--- Data excerpts Enclosed Below ---

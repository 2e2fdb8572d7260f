-- ===== src/Config/TimeRange.antt =====
-- internal/config/config.go: daily time ranges, "HH:MM-HH:MM" (ParseTimeRange, parseMinutes,
-- IsInDisabledTimeRange), with strconv.Atoi of the standard library.
-- Errors carry no message: `none` is the error return.
pub mod Windows
pub mod Format
use oh_my_api.Base.{
  ℕ, suc, ◌+◌, ◌-◌, ◌*◌, Bool, true, false, not, ◌&&◌, ◌||◌, Option, none, some, List, [], ◌∷◌, ltb,
  leb, ◌==◌, if◌then◌else◌, ◌>>=◌, Text, trim_space, split_first, ℤ, pos, negsuc, ltb_ℤ,
}

pub record DisabledTimeRange : Type 0 where
  pub start : ℕ
  pub stop : ℕ

abbrev is_digit : ℕ → Bool
is_digit c = leb b'0' c && leb c b'9'

-- The digits of Atoi, most significant first.
unfoldable pub digits_from : ℕ → Text → Option ℕ
digits_from acc [] = some acc
digits_from acc (c ∷ s) =
    let rest = digits_from (acc * 10 + (c - b'0')) s in if is_digit c then rest else none

unfoldable pub unsigned : Text → Option ℕ
unfolding digits_from
unsigned [] = none
unsigned (c ∷ s) = digits_from 0 (c ∷ s)

abbrev int_limit : ℕ
int_limit = 9223372036854775808

-- A number out of the range of a 64-bit int is an error.
abbrev signed : Bool → Option ℕ → Option ℤ
signed minus none = none
signed true (some n) =
    if ltb int_limit n then none else if n == 0 then some (pos 0) else some (negsuc (n - 1))
signed false (some n) = if ltb n int_limit then some (pos n) else none

-- strconv.Atoi
unfoldable pub atoi : Text → Option ℤ
unfolding unsigned
atoi [] = none
atoi (c ∷ s) =
    if c == b'-'
    then signed true (unsigned s)
    else if c == b'+'
    then signed false (unsigned s)
    else signed false (unsigned (c ∷ s))

-- The range checks of parseMinutes on the hour and the minute.
unfoldable pub minutes_of : ℤ → ℤ → Option ℕ
minutes_of (negsuc _) m = none
minutes_of (pos h) (negsuc _) = none
minutes_of (pos h) (pos m) =
    if ltb 24 h
    then none
    else if ltb 59 m
    then none
    else if (h == 24) && not (m == 0)
    then none
    else some (h * 60 + m)

unfoldable pub parse_minutes : Text → Option ℕ
parse_minutes raw = do
  parts ← split_first b':' raw
  h ← atoi parts.0
  m ← atoi parts.1
  minutes_of h m

unfoldable pub parse_time_range : Text → Option DisabledTimeRange
parse_time_range raw = do
  parts ← split_first b'-' raw
  start ← parse_minutes (trim_space parts.0)
  stop ← parse_minutes (trim_space parts.1)
  if start == stop then none else some (record { start = start; stop = stop })

-- One range, at a minute of the day.
unfoldable pub in_range : ℕ → DisabledTimeRange → Bool
in_range minute r =
    if ltb r.start r.stop
    then leb r.start minute && ltb minute r.stop
    else leb r.start minute || ltb minute r.stop

-- IsInDisabledTimeRange at `now.Hour()*60 + now.Minute()`
unfoldable pub is_in_disabled_time_range : ℕ → List DisabledTimeRange → Bool
unfolding in_range
is_in_disabled_time_range minute [] = false
is_in_disabled_time_range minute (r ∷ rs) = in_range minute r || is_in_disabled_time_range minute rs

--- End of Enclosed Data excerpts ---

Exercise requirements: Pick out every line above that contains the word "start" and copy it.

Answer section:
  pub start : ℕ
  start ← parse_minutes (trim_space parts.0)
  if start == stop then none else some (record { start = start; stop = stop })
    if ltb r.start r.stop
    then leb r.start minute && ltb minute r.stop
    else leb r.start minute || ltb minute r.stop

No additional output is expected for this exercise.